He looks at her with those penetrating blue eyes, shifting from being playful to realize she’s being serious.

“What’s on your mind, Kat. Really? Because I feel like it isn’t just guilt about having fun on duty. After all, that’s never bothered you before.”

Out of everyone she knows, he is the best at bringing out a little recklessness in her. She thinks back on all the times they took risks, not just at the academy but during the two years they ended up stationed together when they were lieutenants. 

This is a different kind of risk, one that neither of them has ever been prone to flirting with, maybe with other people, but not when it comes to each other. What are friends who don’t tell each other the truth though? What value do they have as friends, if she’s not going to be honest?

“We’ve chosen to never define ourselves as anything beyond friends. It’s worked well for us all these years, and I can’t help feeling like doing this makes a mockery of that.”

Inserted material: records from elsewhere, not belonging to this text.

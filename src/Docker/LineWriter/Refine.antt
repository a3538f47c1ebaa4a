-- ===== src/Docker/LineWriter/Refine.antt =====
-- internal/docker/logs.go: the loop of Write against the writer of single bytes.
use mathlib.Core.List.{append-nil}
use docker_monitor.Docker.LineWriter.{
  LineHandler, LineWriter, Outcome, emit_line, fill_line, finish_line, keep_part, reset, skip_line,
  within, write, write_body, write_loop,
}
use docker_monitor.Docker.LineWriter.Feed.{
  IsOpen, feed, feed-fill, feed-skip, feed_newline, feed_over,
}
use docker_monitor.Model.{Errors, Time}
use docker_monitor.Prelude.{
  Bool, Bool-cases, Option, Option-cases, [], ap, arith, drop, false, gt→leb, if◌then◌else◌, inl,
  inr, leb, leb→gt, leb→le, length, length-append, length-drop, length-take_le, le→leb, none, refl,
  some, suc, sym, take, take-append-drop, take_all, true, zero, ℕ, ◌*◌, ◌++◌, ◌+◌, ◌-◌, ◌<◌, ◌∙◌,
  ◌∷◌, ◌≡◌, ◌≤◌,
}
use docker_monitor.Prelude.Bytes.{Bytes}
use docker_monitor.Prelude.Bytes.Index.{
  Lacks, Lacks-take, Lacks-take_le, drop_head, index_byte, index_byte-none, index_byte-some,
}
use docker_monitor.Prelude.Bytes.Space.{trim_right_byte}

module _ {S : Type 0} (parse_time : Bytes → Option Time) (handler : LineHandler S) (limit : ℕ)
    (positive : 0 < limit) where
  abbrev Again : Type 0
  Again = Bytes → LineWriter → S → Outcome S

  -- `again` agrees with `feed` on shorter inputs.
  abbrev Agrees : ℕ → Again → Type 0
  Agrees n again =
      (p : Bytes) (w : LineWriter) (s : S)
      → IsOpen limit w
      → 2 * length p + (if w.truncated then 0 else 1) < n
      → again p w s ≡ feed parse_time handler limit p w s

  pub finish_line_cong :
      (w : LineWriter) (t : Bool) (f g : LineWriter → S → Outcome S) (s : S)
      → ((x : S) → f (reset w) x ≡ g (reset w) x)
      → finish_line parse_time handler w t f s ≡ finish_line parse_time handler w t g s
  finish_line_cong w t f g s h =
      go (emit_line parse_time handler w (trim_right_byte b'\r' w.buffer) t s)
    where
      go :
          (r : Errors × S)
          → ◌≡◌ {A = Outcome S}
              (elim r.0 [ [] ↦ f (reset w) r.1 | x ∷ xs ↦ (x ∷ xs, (w, r.1)) ])
              (elim r.0 [ [] ↦ g (reset w) r.1 | x ∷ xs ↦ (x ∷ xs, (w, r.1)) ])
      go ([], x) = h x
      go (e ∷ es, x) = refl

  skip_line-feed :
      (again : Again) (n : ℕ) (p : Bytes) (w : LineWriter) (s : S) (o : Option ℕ)
      → Agrees n again
      → w.truncated ≡ true
      → index_byte b'\n' p ≡ o
      → 2 * length p ≤ n
      → skip_line parse_time handler limit again p w s o ≡ feed parse_time handler limit p w s
  unfolding skip_line
  skip_line-feed again n p w s none agrees t e fuel = sym (
      ap (λ x. feed parse_time handler limit x w s) (sym (append-nil p))
      ∙ feed-skip parse_time handler limit p [] w s (index_byte-none b'\n' p e) t
      ∙ (unfold feed in refl))
  skip_line-feed again n p w s (some i) agrees t e fuel =
      let cut = index_byte-some b'\n' p i e in
      let tail = drop (suc i) p in
      finish_line_cong w true (again tail) (feed parse_time handler limit tail) s (λ x.
        agrees tail (reset w) x (inr positive) (omega (arith, length-drop (suc i) p, cut.within)))
      ∙ sym (
          ap (λ x. feed parse_time handler limit x w s) cut.splits
          ∙ feed-skip parse_time handler limit (take i p) (b'\n' ∷ tail) w s cut.lacks t
          ∙ feed_newline parse_time handler limit tail w s
          ∙ ap (λ b. finish_line parse_time handler w b (feed parse_time handler limit tail) s) t)

  abbrev filled : LineWriter → Bytes → LineWriter
  filled w p = record w { buffer = w.buffer ++ p }

  newline_in_time :
      (again : Again) (n : ℕ) (p : Bytes) (w : LineWriter) (s : S) (i : ℕ)
      → Agrees n again
      → w.truncated ≡ false
      → length w.buffer < limit
      → index_byte b'\n' p ≡ some i
      → i ≤ limit - length w.buffer
      → 2 * length p ≤ n
      → fill_line parse_time handler limit again p w s (some i)
        ≡ feed parse_time handler limit p w s
  unfolding fill_line
  newline_in_time again n p w s i agrees t room e le fuel =
      let cut = index_byte-some b'\n' p i e in
      let tail = drop (suc i) p in
      let w' = filled w (take i p) in
      finish_line_cong w' false (again tail) (feed parse_time handler limit tail) s (λ x.
        agrees tail (reset w') x (inr positive) (omega (arith, length-drop (suc i) p, cut.within)))
      ∙ sym (
          ap (λ x. feed parse_time handler limit x w s) cut.splits
          ∙ feed-fill parse_time handler limit (take i p) (b'\n' ∷ tail) w s cut.lacks t
              (omega (arith, length-take_le i p, cut.within))
          ∙ feed_newline parse_time handler limit tail w' s
          ∙ ap (λ b. finish_line parse_time handler w' b (feed parse_time handler limit tail) s) t)

  -- No newline among the first bytes, as many as there is room for and one more.
  keep_part-feed :
      (again : Again) (n : ℕ) (p : Bytes) (w : LineWriter) (s : S) (short : Bool)
      → Agrees n again
      → w.truncated ≡ false
      → length w.buffer < limit
      → Lacks b'\n' (take (suc (limit - length w.buffer)) p)
      → leb (length p) (limit - length w.buffer) ≡ short
      → 2 * length p ≤ n
      → keep_part parse_time handler limit again p w s short ≡ feed parse_time handler limit p w s
  unfolding keep_part
  keep_part-feed again n p w s true agrees t room lacks e fuel =
      let le : length p ≤ limit - length w.buffer = leb→le _ _ e in
      sym (
        ap (λ x. feed parse_time handler limit x w s) (sym (append-nil p))
        ∙ feed-fill parse_time handler limit p [] w s
            (rw (take_all (suc (limit - length w.buffer)) p (omega arith)) at lacks) t (omega arith)
        ∙ (unfold feed in refl))
  keep_part-feed again n p w s false agrees t room lacks e fuel =
      let a = limit - length w.buffer in
      let more : a < length p = leb→gt _ _ e in
      let (c, r, head, other) = drop_head b'\n' a p more lacks in
      let w' = filled w (take a p) in
      let full : limit ≤ length w'.buffer =
        omega (arith, length-append w.buffer (take a p), length-take_le a p) in
      agrees (drop a p) (record w' { truncated = true }) s (inl refl)
        (omega (arith, length-drop a p))
      ∙ ap (λ x. feed parse_time handler limit x (record w' { truncated = true }) s) head
      ∙ sym (
          ap (λ x. feed parse_time handler limit x w s) (sym (take-append-drop a p))
          ∙ feed-fill parse_time handler limit (take a p) (drop a p) w s
              (Lacks-take_le b'\n' a (suc a) p (omega arith) lacks) t
              (omega (arith, length-take_le a p))
          ∙ ap (λ x. feed parse_time handler limit x w' s) head
          ∙ feed_over parse_time handler limit c r w' s other t full)

  fill_line-feed :
      (again : Again) (n : ℕ) (p : Bytes) (w : LineWriter) (s : S)
      → Agrees n again
      → w.truncated ≡ false
      → length w.buffer < limit
      → 2 * length p ≤ n
      → fill_line parse_time handler limit again p w s
          (within (limit - length w.buffer) (index_byte b'\n' p))
        ≡ feed parse_time handler limit p w s
  fill_line-feed again n p w s agrees t room fuel =
      let a = limit - length w.buffer in
      elim (Option-cases (index_byte b'\n' p)) [
        | inl e ↦ rw e (
            unfold fill_line in
            keep_part-feed again n p w s _ agrees t room
              (Lacks-take b'\n' (suc a) p (index_byte-none b'\n' p e)) refl fuel)
        | inr (i, e) ↦ elim (Bool-cases (leb i a)) [
          | inl le ↦
              rw (e, le) (newline_in_time again n p w s i agrees t room e (leb→le _ _ le) fuel)
          | inr gt ↦
              rw (e, gt)
                (unfold fill_line in
                  keep_part-feed again n p w s _ agrees t room
                    (Lacks-take_le b'\n' (suc a) i p (leb→gt _ _ gt)
                      (index_byte-some b'\n' p i e).lacks)
                    refl fuel)
        ]
      ]

  write_body-feed :
      (again : Again) (n : ℕ) (p : Bytes) (w : LineWriter) (s : S)
      → Agrees n again
      → IsOpen limit w
      → 2 * length p + (if w.truncated then 0 else 1) < suc n
      → write_body parse_time handler limit again p w s ≡ feed parse_time handler limit p w s
  unfolding write_body
  write_body-feed again n p w s agrees o fuel = elim (Bool-cases w.truncated) [
    | inl t ↦
        simp t (skip_line-feed again n p w s (index_byte b'\n' p) agrees t refl (ground arith))
    | inr f ↦
        let room : length w.buffer < limit = ground arith in
        let some_room : leb (limit - length w.buffer) 0 ≡ false = gt→leb _ _ (omega arith) in
        simp (f, some_room) (fill_line-feed again n p w s agrees f room (ground arith))
  ]

  write_loop-Agrees : (fuel : ℕ) → Agrees fuel (write_loop parse_time handler limit fuel)
  unfolding write_loop
  write_loop-Agrees zero p w s o lt = absurd (omega arith)
  write_loop-Agrees (suc fuel) [] w s o lt = unfold feed in refl
  write_loop-Agrees (suc fuel) (c ∷ cs) w s o lt =
      write_body-feed (write_loop parse_time handler limit fuel) fuel (c ∷ cs) w s
        (write_loop-Agrees fuel) o lt

  -- Write, where the buffer has room or a line is being cut, has the outcome of `feed`: the same
  -- calls of the handler, the same error, the same state of the writer.
  pub write-feed :
      (p : Bytes) (w : LineWriter) (s : S)
      → IsOpen limit w
      → write parse_time handler limit p w s ≡ feed parse_time handler limit p w s
  unfolding write
  write-feed p w s o = write_loop-Agrees (suc (suc (2 * length p))) p w s o (ground arith)

  -- Where the buffer is full and no line is being cut yet, Write begins with the cut.
  pub write_full :
      (c : ℕ) (cs : Bytes) (w : LineWriter) (s : S)
      → w.truncated ≡ false
      → limit ≤ length w.buffer
      → write parse_time handler limit (c ∷ cs) w s
        ≡ feed parse_time handler limit (c ∷ cs) (record w { truncated = true }) s
  unfolding write write_loop write_body
  write_full c cs w s f full =
      let no_room : leb (limit - length w.buffer) 0 ≡ true = le→leb _ _ (omega arith) in
      simp (f, no_room)
        (write_loop-Agrees (suc (2 * length (c ∷ cs))) (c ∷ cs) (record w { truncated = true }) s
          (inl refl) (omega arith))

Last week he cheesily called her his _leopardess_ and she responded in kind by referring to him as _my own personal archangel_ a little too easily. It is more than that, though. Really, it goes back to the first night… when they locked eyes across the bed and for a moment Kat felt that boundary, the barrier of couple as opposed to casual sex… a strange phrasing as really wasn’t the dynamic between a stable established couple more casual than any other when it came to this? Semantics aside, there was a moment, when her chest tightened and her stomach dropped and she could have just rolled over and turned out the light or she could have picked up the book on her nightstand and he could have done the same, but instead he licked his lips and smirked and commented that he hoped she didn’t _have a headache_ and she laughed and pulled him down on top of her. In so many ways it wasn’t any different from any number of other nights, but she had felt that boundary and known it was anyway and she’d chosen to cross that line.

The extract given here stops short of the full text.